Frequently Asked Questions
The most populated zip code in the United States is 92154 located on the border with Mexico in San Diego, California.
In the United States, many zip codes have no population at all. Here are a few examples:
- 80294 – US District court of Colorado
- 20593 – National Air and Space Museum in Washington DC
The largest zip code in the world is 99950, which belongs to Ketchikan, Alaska, in the United States. This zip code covers a vast area, including remote and sparsely populated regions.
Refer to the following websites for accessing the latest international demographic and statistical data:
US Census Bureau: Delve into an array of population statistics and demographics for the United States, including age, race, ethnicity, and more. The Census Bureau offers comprehensive data for understanding population trends at national, state, and local levels.
Eurostat Database: Explore a wealth of demographic information for European Union countries through Eurostat’s extensive database. From population size and structure to migration and fertility rates, Eurostat provides insights into the diverse populations across Europe.
United Nations (UN) Population Download Center: Access global population data and indicators from the United Nations Population Division. Whether you’re researching population growth, urbanization trends, or demographic projections, the UN Population Download Center offers a wide range of datasets to support your analysis.
International Data (Population Reference Bureau): Gain a deeper understanding of international population dynamics with the Population Reference Bureau.
Their extensive database covers topics such as aging, family planning, and health, providing valuable insights for policymakers, researchers, and advocates worldwide.
GeoPostcodes combined diverse data sources to create a comprehensive population by zip code dataset for the past, present and future, updated and improved on a yearly basis.
The population by zip code refers to the number of people living in a specific area defined by zip codes. The Census Bureau provides detailed census data, which can be accessed online to find population information for any zip code. This data is stored in their databases and available in various forms.
The Census Bureau collects population data through surveys and the decennial census. This data is stored securely and made available in digital form for public access. The census data includes detailed information about the population by zip code, helping to identify the most populated zip codes in the country.

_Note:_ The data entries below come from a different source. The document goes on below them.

-- ===== src/LocalActions/Patch/Script.antt =====
-- Unified diffs as edit scripts, their printed form, and the lines that it consists of.
use harness_control_protocol.Base.{
  ℕ, zero, suc, ◌<◌, ◌⊎◌, ◌+◌, ◌≡◌, refl, Bool, true, false, ◌||◌, List, [], ◌∷◌, ◌++◌, arith,
  nat_eq, ℕ_discrete, all, All, All-append, All-split, length,
}
use harness_control_protocol.Base.Collation.{codes}
use harness_control_protocol.Protocol.Json.{decimal}
use harness_control_protocol.LocalActions.Patch.{Text, is_digit}
use harness_control_protocol.LocalActions.Patch.Digits.{decimal-digits}
use harness_control_protocol.LocalActions.Patch.Split.{IsLine, is_plain}

pub data Edit : Type 0 where
  keep remove insert : Text → Edit

-- The lines of the original and of the result.
abbrev pub before_edits : List Edit → List Text
before_edits [] = []
before_edits (keep l ∷ es) = l ∷ before_edits es
before_edits (remove l ∷ es) = l ∷ before_edits es
before_edits (insert l ∷ es) = before_edits es

abbrev pub after_edits : List Edit → List Text
after_edits [] = []
after_edits (keep l ∷ es) = l ∷ after_edits es
after_edits (remove l ∷ es) = after_edits es
after_edits (insert l ∷ es) = l ∷ after_edits es

abbrev pub is_change : List Edit → Bool
is_change [] = false
is_change (keep l ∷ es) = is_change es
is_change (remove l ∷ es) = true
is_change (insert l ∷ es) = true

abbrev pub print_edits : List Edit → List Text
print_edits [] = []
print_edits (keep l ∷ es) = (b' ' ∷ l) ∷ print_edits es
print_edits (remove l ∷ es) = (b'-' ∷ l) ∷ print_edits es
print_edits (insert l ∷ es) = (b'+' ∷ l) ∷ print_edits es

-- @@ -start,count +start,count @@
unfoldable pub print_header : ℕ → ℕ → ℕ → ℕ → Text
print_header start count new_start new_count =
    codes "@@ -"
    ++ (decimal (suc start) start
        ++ (b','
            ∷ (decimal (suc count) count
                ++ (codes " +"
                    ++ (decimal (suc new_start) new_start
                        ++ (b',' ∷ (decimal (suc new_count) new_count ++ codes " @@\n")))))))

-- Lines that the patch passes by, and the edits behind them.
pub record Hunk : Type 0 where
  pub skipped : List Text
  pub edits : List Edit

abbrev pub before_hunks : List Hunk → List Text → List Text
before_hunks [] tail = tail
before_hunks (h ∷ hs) tail = h.skipped ++ (before_edits h.edits ++ before_hunks hs tail)

abbrev pub after_hunks : List Hunk → List Text
after_hunks [] = []
after_hunks (h ∷ hs) = h.skipped ++ (after_edits h.edits ++ after_hunks hs)

abbrev pub changes_hunks : List Hunk → Bool
changes_hunks [] = false
changes_hunks (h ∷ hs) = is_change h.edits || changes_hunks hs

-- The number in a header for `count` lines behind `before` others: that of the first of them, or of the
-- line before, if there are none.
unfoldable pub unified_start : ℕ → ℕ → ℕ
unified_start before zero = before
unified_start before (suc more) = suc before

-- The hunk keeps or removes a line, or it passes by none.
abbrev pub IsAnchored : Hunk → Type 0
IsAnchored h = (0 < length (before_edits h.edits)) ⊎ (h.skipped ≡ [])

-- The patch, for the numbers of lines that come before in the original and in the result.
abbrev pub print_hunks : ℕ → ℕ → List Hunk → List Text
print_hunks i j [] = []
print_hunks i j (h ∷ hs) =
    let old = length (before_edits h.edits) in
    let new = length (after_edits h.edits) in
    let skip = length h.skipped in
    print_header (unified_start (i + skip) old) old (unified_start (j + skip) new) new
    ∷ (print_edits h.edits ++ print_hunks (i + skip + old) (j + skip + new) hs)

IsLine-append : (xs rest : Text) → all is_plain xs ≡ true → IsLine rest → IsLine (xs ++ rest)
IsLine-append [] rest h k = k
IsLine-append (x ∷ []) [] h k = absurd k
IsLine-append (x ∷ []) (c ∷ cs) h k = (ground arith, k)
IsLine-append (x ∷ y ∷ ys) rest h k = (ground arith, IsLine-append (y ∷ ys) rest (ground arith) k)

digits-plain : (xs : Text) → all is_digit xs ≡ true → all is_plain xs ≡ true
unfolding is_digit
digits-plain [] h = refl
digits-plain (x ∷ xs) h = ground (arith, digits-plain xs)

number-IsLine : (n : ℕ) (rest : Text) → IsLine rest → IsLine (decimal (suc n) n ++ rest)
number-IsLine n rest h =
    IsLine-append (decimal (suc n) n) rest
      (digits-plain (decimal (suc n) n) (decimal-digits (suc n) n)) h

pub print_header-IsLine : (a b c d : ℕ) → IsLine (print_header a b c d)
unfolding print_header nat_eq ℕ_discrete
print_header-IsLine a b c d =
    let last : IsLine (codes " @@\n") = (refl, (refl, (refl, refl))) in
    let fourth = number-IsLine d (codes " @@\n") last in
    let third =
      number-IsLine c (b',' ∷ (decimal (suc d) d ++ codes " @@\n"))
        (IsLine-append (b',' ∷ []) _ refl fourth) in
    let second = number-IsLine b _ (IsLine-append (codes " +") _ refl third) in
    let first = number-IsLine a _ (IsLine-append (b',' ∷ []) _ refl second) in
    IsLine-append (codes "@@ -") _ refl first

pub prefixed-IsLine : (c : ℕ) (l : Text) → is_plain c ≡ true → IsLine l → IsLine (c ∷ l)
prefixed-IsLine c [] h k = absurd k
prefixed-IsLine c (d ∷ ds) h k = (h, k)

print_edits-IsLine :
    (es : List Edit)
    → All IsLine (before_edits es)
    → All IsLine (after_edits es)
    → All IsLine (print_edits es)
unfolding nat_eq ℕ_discrete
print_edits-IsLine [] h k = tt
print_edits-IsLine (keep l ∷ es) (p, h) (q, k) =
    (prefixed-IsLine b' ' l refl p, print_edits-IsLine es h k)
print_edits-IsLine (remove l ∷ es) (p, h) k =
    (prefixed-IsLine b'-' l refl p, print_edits-IsLine es h k)
print_edits-IsLine (insert l ∷ es) h (q, k) =
    (prefixed-IsLine b'+' l refl q, print_edits-IsLine es h k)

pub print_hunks-IsLine :
    (hs : List Hunk) (tail : List Text) (i j : ℕ)
    → All IsLine (before_hunks hs tail)
    → All IsLine (after_hunks hs)
    → All IsLine (print_hunks i j hs)
print_hunks-IsLine [] tail i j h k = tt
print_hunks-IsLine (x ∷ hs) tail i j h k =
    let (_, there) = All-split IsLine x.skipped _ h in
    let (old, rest) = All-split IsLine (before_edits x.edits) (before_hunks hs tail) there in
    let (_, here) = All-split IsLine x.skipped _ k in
    let (new, others) = All-split IsLine (after_edits x.edits) (after_hunks hs) here in
    (
      print_header-IsLine _ _ _ _,
      All-append IsLine (print_edits x.edits) _ (print_edits-IsLine x.edits old new)
          (print_hunks-IsLine hs tail _ _ rest others),
    )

Some of the most populated zip codes are found in major cities across Florida, such as Miami and Orlando. According to census data, these areas have high population densities. The Census Bureau’s data helps in identifying these densely populated zip codes, which is useful for city planning and resource allocation.

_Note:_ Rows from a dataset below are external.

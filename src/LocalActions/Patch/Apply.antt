-- ===== src/LocalActions/Patch/Apply.antt =====
-- What the loops of applyUnifiedDiff do on the lines of a printed script.
use harness_control_protocol.Base.{
  ℕ, zero, suc, ◌-◌, ◌<◌, ◌⊎◌, inl, inr, All, ◌+◌, ◌≡◌, refl, ap, Bool, true, false, ◌||◌, some,
  List, [], ◌∷◌, ◌++◌, arith, nat_eq, ℕ_discrete, length, ok,
}
use mathlib.Core.List.{append-nil, append_assoc}
use harness_control_protocol.Base.Collation.{codes}
use harness_control_protocol.Protocol.Json.{decimal}
use harness_control_protocol.LocalActions.Patch.{
  Text, literal, skip_count, match_header, is_bare_header, parse_unified_diff_hunk_header, Progress,
  copy_lines, start_hunk, same_text, hunk_line, patch_line, patch_lines, starts_with, is_digit,
}
use harness_control_protocol.LocalActions.Patch.Digits.{number-decimal, NoDigit}
use harness_control_protocol.LocalActions.Patch.Script.{
  Edit, keep, remove, insert, before_edits, after_edits, is_change, print_edits, print_header, Hunk,
  before_hunks, after_hunks, changes_hunks, print_hunks, unified_start, IsAnchored,
}

skip_count-decimal :
    (n : ℕ) (rest : Text) → NoDigit rest → skip_count (b',' ∷ (decimal (suc n) n ++ rest)) ≡ rest
unfolding skip_count
skip_count-decimal n rest h = ground (arith, number-decimal n rest h)

match_header-print_header : (a b c d : ℕ) → match_header (print_header a b c d) ≡ some a
unfolding match_header print_header is_digit nat_eq ℕ_discrete
match_header-print_header a b c d =
    let r4 : Text = codes " @@\n" in
    let r3 : Text = decimal (suc d) d ++ r4 in
    let r2 : Text = codes " +" ++ (decimal (suc c) c ++ (b',' ∷ r3)) in
    let r1 : Text = b',' ∷ (decimal (suc b) b ++ r2) in
    rw
      (
        number-decimal a r1 refl,
        skip_count-decimal b r2 refl,
        number-decimal c (b',' ∷ r3) refl,
        skip_count-decimal d r4 refl,
      )
      refl

print_header-is_bare_header : (a b c d : ℕ) → is_bare_header (print_header a b c d) ≡ false
unfolding is_bare_header literal print_header nat_eq ℕ_discrete
print_header-is_bare_header a b c d = refl

parse-print_header : (a b c d : ℕ) → parse_unified_diff_hunk_header (print_header a b c d) ≡ ok a
unfolding parse_unified_diff_hunk_header
parse-print_header a b c d =
    ground (arith, print_header-is_bare_header a b c d, match_header-print_header a b c d)

same_text_refl : (l : Text) → same_text l l ≡ true
unfolding same_text
same_text_refl [] = refl
same_text_refl (c ∷ cs) = ground (arith, same_text_refl cs)

-- The loops' variables, one by one.
abbrev pub progress : List Text → ℕ → List Text → Bool → Bool → Progress
progress rest index output changed inside = record {
  rest = rest;
  index = index;
  output = output;
  changed = changed;
  inside = inside;
}

copy_lines-skipped :
    (skipped r o : List Text) (i : ℕ) (c b : Bool)
    → copy_lines (length skipped) (progress (skipped ++ r) i o c b)
      ≡ ok (progress r (i + length skipped) (o ++ skipped) c b)
unfolding copy_lines
copy_lines-skipped [] r o i c b = ground (arith, append-nil o)
copy_lines-skipped (l ∷ ls) r o i c b =
    ground (arith, copy_lines-skipped ls r (o ++ l ∷ []) (i + 1) c b, append_assoc o (l ∷ []) ls)

keep_line :
    (l : Text) (r o : List Text) (i : ℕ) (c : Bool)
    → patch_line (b' ' ∷ l) (progress (l ∷ r) i o c true)
      ≡ ok (progress r (i + 1) (o ++ l ∷ []) c true)
unfolding patch_line hunk_line nat_eq ℕ_discrete
keep_line l r o i c = ground (arith, same_text_refl l)

remove_line :
    (l : Text) (r o : List Text) (i : ℕ) (c : Bool)
    → patch_line (b'-' ∷ l) (progress (l ∷ r) i o c true) ≡ ok (progress r (i + 1) o true true)
unfolding patch_line hunk_line nat_eq ℕ_discrete
remove_line l r o i c = ground (arith, same_text_refl l)

pub insert_line :
    (l : Text) (r o : List Text) (i : ℕ) (c : Bool)
    → patch_line (b'+' ∷ l) (progress r i o c true) ≡ ok (progress r i (o ++ l ∷ []) true true)
unfolding patch_line hunk_line nat_eq ℕ_discrete
insert_line l r o i c = ground arith

patch_lines-print_edits :
    (es : List Edit) (more r o : List Text) (i : ℕ) (c : Bool)
    → patch_lines (print_edits es ++ more) (progress (before_edits es ++ r) i o c true)
      ≡ patch_lines more
          (progress r (i + length (before_edits es)) (o ++ after_edits es) (c || is_change es) true)
unfolding patch_lines
patch_lines-print_edits [] more r o i c = ground (arith, append-nil o)
patch_lines-print_edits (keep l ∷ es) more r o i c = ground (
  arith,
  keep_line l (before_edits es ++ r) o i c,
  patch_lines-print_edits es more r (o ++ l ∷ []) (i + 1) c,
  append_assoc o (l ∷ []) (after_edits es),
)
patch_lines-print_edits (remove l ∷ es) more r o i c = ground (
  arith,
  remove_line l (before_edits es ++ r) o i c,
  patch_lines-print_edits es more r o (i + 1) true,
)
patch_lines-print_edits (insert l ∷ es) more r o i c = ground (
  arith,
  insert_line l (before_edits es ++ r) o i c,
  patch_lines-print_edits es more r (o ++ l ∷ []) i true,
  append_assoc o (l ∷ []) (after_edits es),
)

print_header-starts_with : (a b c d : ℕ) → starts_with (codes "@@") (print_header a b c d) ≡ true
unfolding starts_with print_header nat_eq ℕ_discrete
print_header-starts_with a b c d = refl

pub header_line :
    (skipped r o : List Text) (i start count new new_count : ℕ) (c b : Bool)
    → start - 1 - i ≡ length skipped
    → patch_line (print_header start count new new_count) (progress (skipped ++ r) i o c b)
      ≡ ok (progress r (i + length skipped) (o ++ skipped) c true)
unfolding patch_line start_hunk
header_line skipped r o i start count new new_count c b h = ground (
  arith,
  print_header-starts_with start count new new_count,
  parse-print_header start count new new_count,
  copy_lines-skipped skipped r o i c true,
)

-- The header of an anchored hunk names the place behind the lines that the hunk passes by.
unified_start-length :
    (skipped : List Text) (i old : ℕ)
    → (0 < old) ⊎ (skipped ≡ [])
    → unified_start (i + length skipped) old - 1 - i ≡ length skipped
unfolding unified_start
unified_start-length skipped i zero (inl pos) = absurd (omega arith)
unified_start-length skipped i zero (inr none_passed) =
    let short : length skipped ≡ 0 = ap length none_passed in omega arith
unified_start-length skipped i (suc m) either = omega arith

pub patch_lines-print_hunks :
    (hs : List Hunk) (tail o : List Text) (i j : ℕ) (c b : Bool)
    → All IsAnchored hs
    → (k : ℕ) × ((inside : Bool) × (patch_lines
            (print_hunks i j hs)
            (progress (before_hunks hs tail) i o c b)
          ≡ ok (progress tail k (o ++ after_hunks hs) (c || changes_hunks hs) inside)))
unfolding patch_lines
patch_lines-print_hunks [] tail o i j c b tt = (i, (b, ground (arith, append-nil o)))
patch_lines-print_hunks (h ∷ hs) tail o i j c b (here, anchored) =
    let old = length (before_edits h.edits) in
    let new = length (after_edits h.edits) in
    let skip = length h.skipped in
    let rest = before_hunks hs tail in
    let more = print_hunks (i + skip + old) (j + skip + new) hs in
    let o' = (o ++ h.skipped) ++ after_edits h.edits in
    let (k, (inside, done)) =
      patch_lines-print_hunks hs tail o' (i + skip + old) (j + skip + new) (c || is_change h.edits)
        true anchored in
    (
      k,
      (
        inside,
        ground (
          arith,
          header_line h.skipped (before_edits h.edits ++ rest) o i (unified_start (i + skip) old)
              old (unified_start (j + skip) new) new c b
              (unified_start-length h.skipped i old here),
          patch_lines-print_edits h.edits more rest (o ++ h.skipped) (i + skip) c,
          done,
          append_assoc o h.skipped (after_edits h.edits),
          append_assoc o h.skipped (after_edits h.edits ++ after_hunks hs),
          append_assoc (o ++ h.skipped) (after_edits h.edits) (after_hunks hs),
        ),
      ),
    )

Zip codes and postal codes are essential for the accurate and efficient delivery of mail. They help postal services sort and deliver mail to the correct locations. The population data by zip code assists in organizing delivery routes and ensuring timely mail delivery.
Cities in Florida use census data to understand their population distribution by zip code. This information helps in city planning, development, and resource allocation. The Census Bureau provides this data in an easily accessible form, which is crucial for making informed decisions about public services and infrastructure projects.
Some zip codes have no population because they might encompass areas like industrial zones, parks, or commercial regions without residential addresses. Additionally, certain zip codes are assigned for PO Boxes or administrative purposes, which do not house residents.